As a kid, I attributed this abstract feeling of “magic” to the fact that it was where Mickey Mouse and his pals lived. Which to be fair, is probably part of it.

However, I took my other half to Disneyworld this year as her birthday present, partly because she’s sound and she’d never been before and partly because I fancied a bit of Cinderella.

Anyhow, even at 27, there was something special about the place, and in my opinion the thing that makes the atmosphere so awesome is the absolute attention to every single minute detail in the place.

Everything from the toilets to the ride queues to the hotel pathways are themed, immaculate and, crucially, designed with the consumer experience in mind.

Disneyworld as an entertainment venue and a business was on its knees in the 80’s when Michael Eisner took the reins by all accounts (including, it must be said, Michael’s) and now its a money making monster.

As I wandered around the parks this summer, I couldn’t help but fill a twinge of excitement that the man who was significantly responsible for creating this remarkable place was about to own my football club (and also owed me a grand).

There was also a slight worry, Disneyworld is very corporate, would the Eisner’s be able to deliver the same level of customer/fan experience at Pompey without sterilising the product into a soulless business?

I found myself constantly looking around, rather bizarrely, at what good business practices were transferable from Disneyworld, Orlando to Portsmouth Football Club.

There were many, many things which I spotted, and hope to see implemented at our club over the next few years, too numerous to list here but which I believe would enhance the matchday experience whilst retaining the working class roots of Pompey and English Football.

One thing I would hasten to add is that the Disneyworld thing was very much Michael driven, whereas it seems Pompey are being left mostly in the hands of Eric and Andy Redman.

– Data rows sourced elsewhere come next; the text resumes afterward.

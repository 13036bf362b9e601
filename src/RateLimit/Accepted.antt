-- ===== src/RateLimit/Accepted.antt =====
-- The writes that the limiter accepts, over any sequence of requests: how many of them any window
-- holds, and which requests are refused.
use portfolio_analytics_syst.Prelude.{
  ℕ, ◌≤◌, String, Bool, true, false, ◌&&◌, List, [], ◌∷◌, ◌++◌, ◌≡◌, refl, sym, ap, ◌∙◌, arith, inl,
  inr, Bool-cases, append_assoc, append-nil, filter, str_eq, str_eq_iff, str_eq_self, if◌then◌else◌,
}
use portfolio_analytics_syst.Prelude.Int.{ℤ}
use portfolio_analytics_syst.RateLimit.Window.{
  WriteEvent, Limits, Windows, evict_expired, current_records, at_least_one, admit,
  enforce_ingestion_write_rate_limit,
}
use portfolio_analytics_syst.RateLimit.Bounds.{IsWithin, evict_within}
use portfolio_analytics_syst.RateLimit.Deques.{
  in_window, fits, Tracks, evict-in_window, logged, admit-fits, admit-Tracks,
}

pub record Request : Type 0 where
  pub endpoint : String
  pub record_count : ℤ
  pub at : ℕ

abbrev pub write_of : Request → WriteEvent
write_of r = record { observed_at = r.at; record_count = at_least_one r.record_count }

-- The requests come in the order of their times, from one time to another.
abbrev pub InTime : ℕ → List Request → ℕ → Type 0
InTime from [] to = from ≤ to
InTime from (r ∷ requests) to = (from ≤ r.at) × InTime r.at requests to

module _ (limits : Limits) where
  abbrev answer : Request → Windows → Bool × Windows
  answer r windows =
      enforce_ingestion_write_rate_limit limits r.endpoint r.record_count r.at windows

  unfoldable pub serve : List Request → Windows → Windows
  unfolding enforce_ingestion_write_rate_limit
  serve [] windows = windows
  serve (r ∷ requests) windows = serve requests (answer r windows).1

  -- The writes to an endpoint that are accepted.
  unfoldable pub accepted_writes : String → List Request → Windows → List WriteEvent
  unfolding enforce_ingestion_write_rate_limit str_eq
  accepted_writes name [] windows = []
  accepted_writes name (r ∷ requests) windows =
      let rest = accepted_writes name requests (answer r windows).1 in
      if (answer r windows).0 && str_eq name r.endpoint then write_of r ∷ rest else rest

  module _ (on : limits.enabled ≡ true) where
    -- What is known after requests: the log, and the deque that tracks it.
    abbrev Served : String → ℕ → List WriteEvent → List WriteEvent → Type 0
    Served name to log deque = (at : ℕ) × (at ≤ to) × Tracks limits at log deque

    answered-same :
        (r : Request) (name : String) (windows : Windows)
        → str_eq name r.endpoint ≡ true
        → ((answer r windows).0
            ≡ (admit limits r.at (at_least_one r.record_count) (windows name)).0)
          × ((answer r windows).1 name
              ≡ (admit limits r.at (at_least_one r.record_count) (windows name)).1)
    unfolding enforce_ingestion_write_rate_limit
    answered-same r name windows e =
        let same = (str_eq_iff name r.endpoint).0 e in
        (
          rw (on) (
              ap (λ n. (admit limits r.at (at_least_one r.record_count) (windows n)).0) (sym same)),
          rw (on, e)
              (ap (λ n. (admit limits r.at (at_least_one r.record_count) (windows n)).1)
                (sym same)),
        )

    answered-other :
        (r : Request) (name : String) (windows : Windows)
        → str_eq name r.endpoint ≡ false
        → (answer r windows).1 name ≡ windows name
    unfolding enforce_ingestion_write_rate_limit
    answered-other r name windows e = rw (on, e) refl

    one_more :
        (name : String) (r : Request) (requests : List Request) (windows : Windows)
        (log : List WriteEvent)
        → log ++ accepted_writes name (r ∷ requests) windows
          ≡ logged limits ((answer r windows).0 && str_eq name r.endpoint) log (write_of r)
            ++ accepted_writes name requests (answer r windows).1
    unfolding accepted_writes
    one_more name r requests windows log =
        elim (Bool-cases ((answer r windows).0 && str_eq name r.endpoint)) [
          | inl e ↦ rw (e) (sym (append_assoc log (write_of r ∷ []) _))
          | inr e ↦ rw (e) refl
        ]

    InTime-earlier :
        (requests : List Request) (from later to : ℕ)
        → from ≤ later
        → InTime later requests to
        → InTime from requests to
    InTime-earlier [] from later to h k = omega (arith, h, k)
    InTime-earlier (r ∷ requests) from later to h (k, ks) = (omega (arith, h, k), ks)

    plain_test :
        {at : ℕ} (b : Bool) (log : List WriteEvent) (e : WriteEvent) (deque : List WriteEvent)
        → Tracks limits at (logged limits b log e) deque
        → Tracks limits at (logged limits (b && true) log e) deque
    plain_test true log e deque t = t
    plain_test false log e deque t = t

    no_log :
        {at : ℕ} (b : Bool) (log : List WriteEvent) (e : WriteEvent) (deque : List WriteEvent)
        → Tracks limits at log deque
        → Tracks limits at (logged limits (b && false) log e) deque
    no_log true log e deque t = t
    no_log false log e deque t = t

    whole_log :
        {at : ℕ} {deque : List WriteEvent} (log : List WriteEvent)
        → Tracks limits at log deque
        → Tracks limits at (log ++ []) deque
    whole_log log t = rw (append-nil log) t

    serve-Served :
        (name : String) (requests : List Request) (windows : Windows) (at to : ℕ)
        (log : List WriteEvent)
        → Tracks limits at log (windows name)
        → InTime at requests to
        → Served name to
            (log ++ accepted_writes name requests windows)
            (serve requests windows name)
    unfolding serve accepted_writes
    serve-Served name [] windows at to log t h = (at, h, whole_log log t)
    serve-Served name (r ∷ requests) windows at to log t (h, hs) =
        let next = (answer r windows).1 in
        elim (Bool-cases (str_eq name r.endpoint)) [
          | inl e ↦
              let (a, b) = answered-same r name windows e in
              let step =
                admit-Tracks limits r.at (at_least_one r.record_count) at log (windows name) t h in
              rw (one_more name r requests windows log) (
                serve-Served name requests next r.at to
                  (logged limits ((answer r windows).0 && str_eq name r.endpoint) log (write_of r))
                  (rw (e, a, b) (plain_test _ log (write_of r) _ step)) hs)
          | inr e ↦ rw (one_more name r requests windows log) (
              serve-Served name requests next at to
                (logged limits ((answer r windows).0 && str_eq name r.endpoint) log (write_of r))
                (rw (e, answered-other r name windows e) (no_log _ log (write_of r) _ t))
                (InTime-earlier requests at r.at to h hs))
        ]

    -- After any requests in the order of their times, whatever their endpoints and sizes, and at any
    -- later instant: the accepted writes to an endpoint in the window that ends there are within both
    -- limits, and a further request is accepted exactly when it still fits among them.
    pub accepted_writes-IsWithin :
        (requests : List Request) (next : Request)
        → InTime 0 requests next.at
        → let served =
            filter (in_window limits next.at) (accepted_writes next.endpoint requests (λ _. [])) in
          IsWithin limits served
          × ((enforce_ingestion_write_rate_limit limits next.endpoint next.record_count next.at
                (serve requests (λ _. []))).0
              ≡ fits limits (at_least_one next.record_count) served)
    accepted_writes-IsWithin requests next h =
        let name = next.endpoint in
        let windows = serve requests (λ _. []) in
        let (at, late, t) =
          serve-Served name requests (λ _. []) 0 next.at []
            (record {
              holds = unfold filter in refl;
              order = tt;
              past = tt;
              within = (omega arith, unfold current_records in omega arith);
            })
            h in
        let live =
          ap (evict_expired limits next.at) t.holds
          ∙ evict-in_window limits at next.at _ late t.order in
        let (fewer, less) = evict_within limits next.at (windows name) in
        let (n, m) = t.within in
        (
          rw (sym live) (omega (arith, fewer, n), omega (arith, less, m)),
          (answered-same next name windows (str_eq_self name)).0
              ∙ admit-fits limits next.at (at_least_one next.record_count) at _ (windows name) t
                  late,
        )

I guess that brings us onto the Eisner’s themselves, and what we’ve seen so far.

Starting at the beginning, the pitch which Michael Eisner made at the Guildhall was incredibly slick and sharp, as you’d expect. If you didn’t get goosebumps in that video at the end then you’re not human.

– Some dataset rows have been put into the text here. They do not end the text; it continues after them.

-- ===== src/RateLimit/Tests.antt =====
-- The limit at two writes in a window of ten.
use portfolio_analytics_syst.Prelude.{
  ℕ, String, true, not, List, [], ◌∷◌, ◌≡◌, refl, arith, filter, str_eq,
}
use portfolio_analytics_syst.Prelude.Int.{pos}
use portfolio_analytics_syst.RateLimit.Window.{
  WriteEvent, Limits, Windows, is_expired, evict_expired, current_records,
  enforce_ingestion_write_rate_limit, admit,
}
use portfolio_analytics_syst.RateLimit.Deques.{in_window, fits}
use portfolio_analytics_syst.RateLimit.Accepted.{
  Request, serve, accepted_writes, accepted_writes-IsWithin,
}
use portfolio_analytics_syst.RateLimit.Bounds.{
  IsWithin, enforce_ingestion_write_rate_limit-IsWithin, InOrder, evict_expired-filter,
}

abbrev limits : Limits
limits = record { enabled = true; window = 10; max_requests = 2; max_records = 100 }

abbrev write : ℕ → ℕ → WriteEvent
write at count = record { observed_at = at; record_count = count }

abbrev events : List WriteEvent
events = write 1 5 ∷ write 8 7 ∷ []

abbrev windows : Windows
windows name = events

windows-IsWithin : (name : String) → IsWithin limits (windows name)
windows-IsWithin name = (omega arith, unfold current_records in omega arith)

one_write_keeps_the_limits :
    IsWithin limits
      ((enforce_ingestion_write_rate_limit limits "/transactions" (pos 3) 15 windows).1 "/prices")
one_write_keeps_the_limits =
    enforce_ingestion_write_rate_limit-IsWithin limits "/transactions" (pos 3) 15 windows
      windows-IsWithin refl "/prices"

events-InOrder : InOrder events
events-InOrder = ((omega arith, tt), (tt, tt))

evicts_expired : evict_expired limits 15 events ≡ filter (λ e. not (is_expired limits 15 e)) events
evicts_expired = evict_expired-filter limits 15 events events-InOrder

abbrev post : ℕ → Request
post at = record { endpoint = "/prices"; record_count = pos 3; at = at }

abbrev posts : List Request
posts = post 1 ∷ post 8 ∷ post 9 ∷ []

-- The third is refused, and the writes at 1 and 8 are in the window that ends at 11.
two_are_accepted : accepted_writes limits "/prices" posts (λ _. []) ≡ write 1 3 ∷ write 8 3 ∷ []
unfolding accepted_writes enforce_ingestion_write_rate_limit admit evict_expired current_records
    str_eq
two_are_accepted = refl

accepted_writes-IsWithin_example :
    let served = filter (in_window limits 12) (accepted_writes limits "/prices" posts (λ _. [])) in
    IsWithin limits served
    × ((enforce_ingestion_write_rate_limit limits "/prices"
          (pos 3)
          12
          (serve limits posts (λ _. []))).0
        ≡ fits limits 3 served)
accepted_writes-IsWithin_example =
    accepted_writes-IsWithin limits refl posts (post 12)
      (omega arith, (omega arith, (omega arith, omega arith)))
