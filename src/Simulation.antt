-- ===== src/Simulation.antt =====
-- The what-if simulation of the query service (src/services/query_service): sessions, their changes,
-- and the positions that they project.
pub mod Sessions
pub mod Lifecycle
pub mod Projection
pub mod Quantities
pub mod Proposed
mod Tests
mod ProjectionTests
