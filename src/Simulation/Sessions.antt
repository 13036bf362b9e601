-- ===== src/Simulation/Sessions.antt =====
-- app/repositories/simulation_repository.py, and the operations on sessions and changes of
-- app/services/simulation_service.py. The ids of `uuid4` and the time come as arguments.
use portfolio_analytics_syst.Prelude.{
  ℕ, suc, ◌+◌, ◌*◌, String, Bool, true, false, ◌&&◌, ◌||◌, not, Option, none, some, List, [], ◌∷◌,
  ◌++◌, filter, length, ltb, leb, ◌==◌, str_eq, concat, if◌then◌else◌,
}
use portfolio_analytics_syst.Prelude.Results.{Result, ok, raised, ◌>>=◌}
use portfolio_analytics_syst.Prelude.Sorting.{sort_by}
use portfolio_analytics_syst.Prelude.Tables.{find_row, update_rows}
use portfolio_analytics_syst.Decimal.{Decimal}

pub data SessionStatus : Type 0 where
  active closed : SessionStatus

pub record SimulationSession : Type 0 where
  pub session_id : String
  pub portfolio_id : String
  pub status : SessionStatus
  pub version : ℕ
  pub created_by : Option String
  pub created_at : ℕ
  pub expires_at : ℕ

pub record SimulationChange : Type 0 where
  pub id : ℕ
  pub change_id : String
  pub session_id : String
  pub portfolio_id : String
  pub security_id : String
  pub transaction_type : String
  pub quantity : Option Decimal
  pub price : Option Decimal
  pub amount : Option Decimal
  pub currency : Option String
  pub effective_date : Option ℕ
  pub created_at : ℕ

-- What a client sends for a change.
pub record ChangeInput : Type 0 where
  pub security_id : String
  pub transaction_type : String
  pub quantity : Option Decimal
  pub price : Option Decimal
  pub amount : Option Decimal
  pub currency : Option String
  pub effective_date : Option ℕ

pub record SimulationStore : Type 0 where
  pub sessions : List SimulationSession
  pub changes : List SimulationChange
  pub next_id : ℕ

abbrev pub is_session : String → SimulationSession → Bool
is_session session_id s = str_eq s.session_id session_id

abbrev pub new_session : String → String → Option String → ℕ → ℕ → SimulationSession
new_session session_id portfolio_id created_by ttl_hours now = record {
  session_id = session_id;
  portfolio_id = portfolio_id;
  status = active;
  version = 1;
  created_by = created_by;
  created_at = now;
  expires_at = now + ttl_hours * 3600000000;
}

unfoldable pub create_session :
    String → String → Option String → ℕ → ℕ → SimulationStore → SimulationSession × SimulationStore
create_session session_id portfolio_id created_by ttl_hours now s =
    let session = new_session session_id portfolio_id created_by ttl_hours now in
    (session, record s { sessions = s.sessions ++ session ∷ [] })

unfoldable pub get_session : String → SimulationStore → Option SimulationSession
unfolding find_row str_eq
get_session session_id s = find_row (is_session session_id) s.sessions

abbrev pub found : String → Option SimulationSession → Result SimulationSession
found session_id none = raised (concat ("Simulation session " ∷ session_id ∷ " not found" ∷ []))
found session_id (some session) = ok session

abbrev pub closed_session : SimulationSession → SimulationSession
closed_session x = record x { status = closed; version = suc x.version }

abbrev pub bumped : SimulationSession → SimulationSession
bumped x = record x { version = suc x.version }

unfoldable pub close_session : String → SimulationStore → Result SimulationStore
unfolding get_session update_rows str_eq concat
close_session session_id s = found session_id (get_session session_id s) >>= λ session.
    ok (record s { sessions = update_rows (is_session session_id) closed_session s.sessions })

abbrev pub is_active : SimulationSession → Bool
is_active x = elim x.status [ active ↦ true | closed ↦ false ]

unfoldable pub validate_session_active :
    String → ℕ → Option SimulationSession → Result SimulationSession
unfolding concat
validate_session_active session_id now none =
    raised (concat ("Simulation session " ∷ session_id ∷ " not found" ∷ []))
validate_session_active session_id now (some x) =
    if not (is_active x)
    then raised (concat ("Simulation session " ∷ session_id ∷ " is not active" ∷ []))
    else if ltb x.expires_at now
    then raised (concat ("Simulation session " ∷ session_id ∷ " is expired" ∷ []))
    else ok x

abbrev pub change_row : ℕ → String → ℕ → SimulationSession → ChangeInput → SimulationChange
change_row id change_id now x c = record {
  id = id;
  change_id = change_id;
  session_id = x.session_id;
  portfolio_id = x.portfolio_id;
  security_id = c.security_id;
  transaction_type = c.transaction_type;
  quantity = c.quantity;
  price = c.price;
  amount = c.amount;
  currency = c.currency;
  effective_date = c.effective_date;
  created_at = now;
}

-- `uuid id` is the change id that is drawn for the row `id`.
unfoldable pub change_rows :
    (ℕ → String) → ℕ → ℕ → SimulationSession → List ChangeInput → List SimulationChange
change_rows uuid id now x [] = []
change_rows uuid id now x (c ∷ cs) =
    change_row id (uuid id) now x c ∷ change_rows uuid (suc id) now x cs

abbrev pub with_rows : String → SimulationStore → List SimulationChange → SimulationStore
with_rows session_id s rows = record s {
  changes = s.changes ++ rows;
  next_id = s.next_id + length rows;
  sessions = update_rows (is_session session_id) bumped s.sessions;
}

unfoldable pub add_changes :
    (ℕ → String) → ℕ → String → List ChangeInput → SimulationStore → Result SimulationStore
unfolding validate_session_active get_session change_rows update_rows str_eq
add_changes uuid now session_id inputs s =
    validate_session_active session_id now (get_session session_id s) >>= λ x.
    ok (with_rows session_id s (change_rows uuid s.next_id now x inputs))

abbrev pub is_change : String → String → SimulationChange → Bool
is_change session_id change_id c = str_eq c.session_id session_id && str_eq c.change_id change_id

abbrev pub deleted :
    String → String → SimulationStore → Option SimulationChange → Result SimulationStore
deleted session_id change_id s none =
    raised (concat ("Simulation change " ∷ change_id ∷ " not found" ∷ []))
deleted session_id change_id s (some c) = ok (record s {
  changes = filter (λ (c : SimulationChange). not (is_change session_id change_id c)) s.changes;
  sessions = update_rows (is_session session_id) bumped s.sessions;
})

unfoldable pub delete_change : ℕ → String → String → SimulationStore → Result SimulationStore
unfolding validate_session_active get_session find_row filter update_rows str_eq concat
delete_change now session_id change_id s =
    validate_session_active session_id now (get_session session_id s) >>= λ x.
    deleted session_id change_id s (find_row (is_change session_id change_id) s.changes)

abbrev pub in_order : SimulationChange → SimulationChange → Bool
in_order a b = ltb a.created_at b.created_at || (a.created_at == b.created_at) && leb a.id b.id

unfoldable pub get_changes : String → SimulationStore → List SimulationChange
unfolding sort_by filter str_eq
get_changes session_id s =
    sort_by in_order (filter (λ (c : SimulationChange). str_eq c.session_id session_id) s.changes)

Whilst the takeover took a frustratingly long, but understandable, amount of time I’ve been relatively impressed so far with the new owners.

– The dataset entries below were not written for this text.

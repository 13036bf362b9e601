-- ===== src/Simulation/Lifecycle.antt =====
-- A closed session is frozen, and versions only grow.
use portfolio_analytics_syst.Prelude.{
  ℕ, suc, ◌≤◌, String, Bool, true, false, not, Option, none, some, List, [], ◌∷◌, ◌++◌, append-nil,
  filter, filter-append, filter-filter, filter_nothing, ltb, All, All-weaken, ◌≡◌, refl, sym, ap,
  ◌∙◌, arith, inl, inr, Bool-cases, str_eq, str_eq_iff, if◌then◌else◌, get_or,
}
use portfolio_analytics_syst.Prelude.Results.{Result, ok, raised, ◌>>=◌}
use portfolio_analytics_syst.Prelude.Tables.{find_row, update_rows}
use portfolio_analytics_syst.Prelude.Lookups.{find_row-append, find_row-update_rows, find_row-test}
use portfolio_analytics_syst.Simulation.Sessions.{
  SimulationSession, SimulationChange, ChangeInput, SimulationStore, is_session, new_session,
  create_session, get_session, found, closed_session, bumped, close_session, is_active,
  validate_session_active, change_rows, with_rows, add_changes, is_change, deleted, delete_change,
}

-- The store after a call, which a call that raises leaves as it was.
abbrev pub after : SimulationStore → Result SimulationStore → SimulationStore
after s (raised text) = s
after s (ok t) = t

-- A request to the service; the id of a new session is new.
pub data Request (s : SimulationStore) : SimulationStore → Type 0 where
  creates :
      (session_id portfolio_id : String) (created_by : Option String) (ttl_hours now : ℕ)
      → get_session session_id s ≡ none
      → Request s (create_session session_id portfolio_id created_by ttl_hours now s).1
  closes : (session_id : String) → Request s (after s (close_session session_id s))
  adds :
      (uuid : ℕ → String) (now : ℕ) (session_id : String) (inputs : List ChangeInput)
      → Request s (after s (add_changes uuid now session_id inputs s))
  deletes :
      (now : ℕ) (session_id change_id : String)
      → Request s (after s (delete_change now session_id change_id s))

pub data Requests (s : SimulationStore) : SimulationStore → Type 0 where
  here : Requests s s
  later : {t u : SimulationStore} → Requests s t → Request t u → Requests s u

abbrev pub changes_of : String → SimulationStore → List SimulationChange
changes_of id s = filter (λ (c : SimulationChange). str_eq c.session_id id) s.changes

-- What becomes of a session: its version does not fall, and once it is closed it stays closed and
-- keeps its changes.
abbrev pub Follows : String → SimulationSession → SimulationStore → SimulationStore → Type 0
Follows id x s t =
    (y : SimulationSession) × (get_session id t ≡ some y)
    × (x.version ≤ y.version)
    × ((is_active x ≡ false) → (is_active y ≡ false) × (changes_of id t ≡ changes_of id s))

-- A change to one session, on the session of any id.
abbrev touched :
    (SimulationSession → SimulationSession) → String → SimulationSession → SimulationSession
touched f j x = if is_session j x then f x else x

get_session-update_rows :
    (f : SimulationSession → SimulationSession) (id j : String) (s t : SimulationStore)
    (x : SimulationSession)
    → ((x : SimulationSession) → (f x).session_id ≡ x.session_id)
    → t.sessions ≡ update_rows (is_session j) f s.sessions
    → get_session id s ≡ some x
    → get_session id t ≡ some (touched f j x)
unfolding get_session
get_session-update_rows f id j s t x k e h = rw (e) (
    find_row-update_rows (is_session id) (is_session j) f s.sessions x
      (λ r. ap (λ (i : String). str_eq i id) (k r)) h)

close_session-Follows :
    (id j : String) (s : SimulationStore) (x : SimulationSession) (o : Option SimulationSession)
    → get_session id s ≡ some x
    → Follows id x s (
        after s (
          found j o >>= λ session.
          ok (record s { sessions = update_rows (is_session j) closed_session s.sessions })))
close_session-Follows id j s x none h = (x, h, omega arith, λ a. (a, refl))
close_session-Follows id j s x (some session) h = (
  touched closed_session j x,
  get_session-update_rows closed_session id j s
      (record s { sessions = update_rows (is_session j) closed_session s.sessions }) x (λ r. refl)
      refl h,
  ground arith,
  λ a. (ground (arith, a), refl),
)

clash : (b : Bool) → b ≡ false → b ≡ true → ⊥
clash b h k = ground (arith, h, k)

active_not_closed : (y : SimulationSession) → is_active y ≡ false → is_active y ≡ true → ⊥
active_not_closed y h k = ground (arith, h, k)

change_rows-All :
    (uuid : ℕ → String) (id now : ℕ) (x : SimulationSession) (inputs : List ChangeInput)
    → All (λ c. c.session_id ≡ x.session_id) (change_rows uuid id now x inputs)
unfolding change_rows
change_rows-All uuid id now x [] = tt
change_rows-All uuid id now x (c ∷ cs) = (refl, change_rows-All uuid (suc id) now x cs)

-- Rows of another session.
no_changes :
    (id other : String) (rows : List SimulationChange)
    → All (λ c. c.session_id ≡ other) rows
    → str_eq other id ≡ false
    → filter (λ (c : SimulationChange). str_eq c.session_id id) rows ≡ []
no_changes id other rows h n =
    filter_nothing (λ (c : SimulationChange). str_eq c.session_id id) rows
      (All-weaken (λ c. c.session_id ≡ other) (λ c. str_eq c.session_id id ≡ false) rows
        (λ c e. ap (λ (i : String). str_eq i id) e ∙ n) h)

-- The closed session is not the active one that a change is made to.
other_session :
    (id j : String) (s : SimulationStore) (x y : SimulationSession)
    → get_session id s ≡ some x
    → get_session j s ≡ some y
    → is_active x ≡ false
    → is_active y ≡ true
    → str_eq y.session_id id ≡ false
unfolding get_session
other_session id j s x y hx hy ax ay = elim (Bool-cases (str_eq y.session_id id)) [
  | inr e ↦ e
  | inl e ↦
      let same : j ≡ id =
        sym ((str_eq_iff y.session_id j).0 (find_row-test (is_session j) s.sessions y hy))
        ∙ (str_eq_iff y.session_id id).0 e in
      let there : some x ≡ some y =
        sym hx ∙ (ap (λ (i : String). find_row (is_session i) s.sessions) (sym same) ∙ hy) in
      absurd (
        active_not_closed y
          (sym (ap (λ (o : Option SimulationSession). is_active (get_or o x)) there) ∙ ax) ay)
]

untouched :
    (id : String) (s : SimulationStore) (x : SimulationSession)
    → get_session id s ≡ some x
    → Follows id x s s
untouched id s x h = (x, h, omega arith, λ a. (a, refl))

-- A change of the session that is validated, with what it does to the changes.
bumped-Follows :
    (id j : String) (s t : SimulationStore) (x : SimulationSession)
    → t.sessions ≡ update_rows (is_session j) bumped s.sessions
    → ((is_active x ≡ false) → changes_of id t ≡ changes_of id s)
    → get_session id s ≡ some x
    → Follows id x s t
bumped-Follows id j s t x e c h = (
  touched bumped j x,
  get_session-update_rows bumped id j s t x (λ r. refl) e h,
  ground arith,
  λ a. (ground (arith, a), c a),
)

-- A call that first validates the session, on the session of any id.
validated-Follows :
    (id j : String) (now : ℕ) (s : SimulationStore) (x : SimulationSession)
    (o : Option SimulationSession) (call : SimulationSession → Result SimulationStore)
    → get_session id s ≡ some x
    → get_session j s ≡ o
    → ((y : SimulationSession)
        → get_session j s ≡ some y
        → is_active y ≡ true
        → Follows id x s (after s (call y)))
    → Follows id x s (after s (validate_session_active j now o >>= call))
unfolding validate_session_active
validated-Follows id j now s x none call h e k = untouched id s x h
validated-Follows id j now s x (some y) call h e k = elim (Bool-cases (is_active y)) [
  | inr f ↦ rw (f) (untouched id s x h)
  | inl f ↦ elim (Bool-cases (ltb y.expires_at now)) [
    | inl g ↦ rw (f, g) (untouched id s x h)
    | inr g ↦ rw (f, g) (k y e f)
  ]
]

add_changes-Follows :
    (id j : String) (uuid : ℕ → String) (now : ℕ) (inputs : List ChangeInput) (s : SimulationStore)
    (x : SimulationSession)
    → get_session id s ≡ some x
    → Follows id x s (after s (add_changes uuid now j inputs s))
unfolding add_changes
add_changes-Follows id j uuid now inputs s x h =
    validated-Follows id j now s x (get_session j s)
      (λ y. ok (with_rows j s (change_rows uuid s.next_id now y inputs))) h refl
      (λ y hy ay.
        let rows = change_rows uuid s.next_id now y inputs in
        bumped-Follows id j s (with_rows j s rows) x refl
          (λ a.
            filter-append (λ (c : SimulationChange). str_eq c.session_id id) s.changes rows
            ∙ (ap (λ (l : List SimulationChange). changes_of id s ++ l)
                  (no_changes id y.session_id rows (change_rows-All uuid s.next_id now y inputs)
                    (other_session id j s x y h hy a ay))
                ∙ append-nil (changes_of id s)))
          h)

-- A change of another session is kept.
kept_change :
    (id j change_id : String) (y : SimulationSession) (c : SimulationChange)
    → str_eq y.session_id j ≡ true
    → str_eq y.session_id id ≡ false
    → str_eq c.session_id id ≡ true
    → not (is_change j change_id c) ≡ true
kept_change id j change_id y c e n h = elim (Bool-cases (str_eq c.session_id j)) [
  | inr f ↦ rw (f) refl
  | inl f ↦
      let same : y.session_id ≡ c.session_id =
        (str_eq_iff y.session_id j).0 e ∙ sym ((str_eq_iff c.session_id j).0 f) in
      absurd (clash (str_eq y.session_id id) n (ap (λ (i : String). str_eq i id) same ∙ h))
]

deleted-Follows :
    (id j change_id : String) (s : SimulationStore) (x y : SimulationSession)
    (o : Option SimulationChange)
    → get_session id s ≡ some x
    → get_session j s ≡ some y
    → is_active y ≡ true
    → Follows id x s (after s (deleted j change_id s o))
deleted-Follows id j change_id s x y none h hy ay = untouched id s x h
deleted-Follows id j change_id s x y (some c) h hy ay =
    bumped-Follows id j s
      (record s {
        changes = filter (λ (c : SimulationChange). not (is_change j change_id c)) s.changes;
        sessions = update_rows (is_session j) bumped s.sessions;
      })
      x refl
      (λ a.
        filter-filter (λ (c : SimulationChange). not (is_change j change_id c))
          (λ (c : SimulationChange). str_eq c.session_id id) s.changes
          (λ c k.
            kept_change id j change_id y c
              (find_row-test (is_session j) s.sessions y (unfold get_session in hy))
              (other_session id j s x y h hy a ay) k))
      h

one_more_call :
    (id : String) (s t : SimulationStore) (x : SimulationSession)
    → Request s t
    → get_session id s ≡ some x
    → Follows id x s t
unfolding create_session close_session delete_change
one_more_call id s _ x (creates j portfolio_id created_by ttl_hours now fresh) h = (
  x,
  unfold get_session in
      find_row-append (is_session id) s.sessions
        (new_session j portfolio_id created_by ttl_hours now ∷ []) x h,
  omega arith,
  λ a. (a, refl),
)
one_more_call id s _ x (closes j) h = close_session-Follows id j s x (get_session j s) h
one_more_call id s _ x (adds uuid now j inputs) h = add_changes-Follows id j uuid now inputs s x h
one_more_call id s _ x (deletes now j change_id) h =
    validated-Follows id j now s x (get_session j s)
      (λ y. deleted j change_id s (find_row (is_change j change_id) s.changes)) h refl
      (λ y hy ay.
        deleted-Follows id j change_id s x y (find_row (is_change j change_id) s.changes) h hy ay)

-- Whatever requests the service handles, in whatever order: a session stays, its version never falls,
-- and once it is closed it stays closed and neither gains nor loses a change.
pub requests-Follows :
    (id : String) (s t : SimulationStore) (x : SimulationSession)
    → Requests s t
    → get_session id s ≡ some x
    → Follows id x s t
requests-Follows id s _ x here h = untouched id s x h
requests-Follows id s _ x (later {t} {u} before request) h =
    let (y, hy, v, k) = requests-Follows id s t x before h in
    let (z, hz, w, l) = one_more_call id t u y request hy in
    (z, hz, omega (arith, v, w), λ a. ((l (k a).0).0, (l (k a).0).1 ∙ (k a).1))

They made it clear from the start that outrageous money would not be splashed, and didn’t make any outrageous claims, which as far as Americans go, must have been quite a challenge to hold back on!

What we’ve seen so far, is sensible spending, some good coups (Jackett, Pitman), sound business decisions (retaining Mark Catlin) and decent commitment to the cause (match attendance, tweets etc).

Beginning with Michael, we’ve seen him at Fratton a couple of times and he tweets regularly about the club. Definitely has more of a back seat role but is an impressive presence to have behind the club as the figurehead.

Next up is Andy Redman, director, who seems to be taking the role of “the suit”. Very much involved in the larger scale projects (stadium) but has come across well in his various media appearances.

Finally we arrive at Eric Eisner, very much “the face” of the takeover, who as far as football club owners go, hasn’t put a foot wrong for me so far.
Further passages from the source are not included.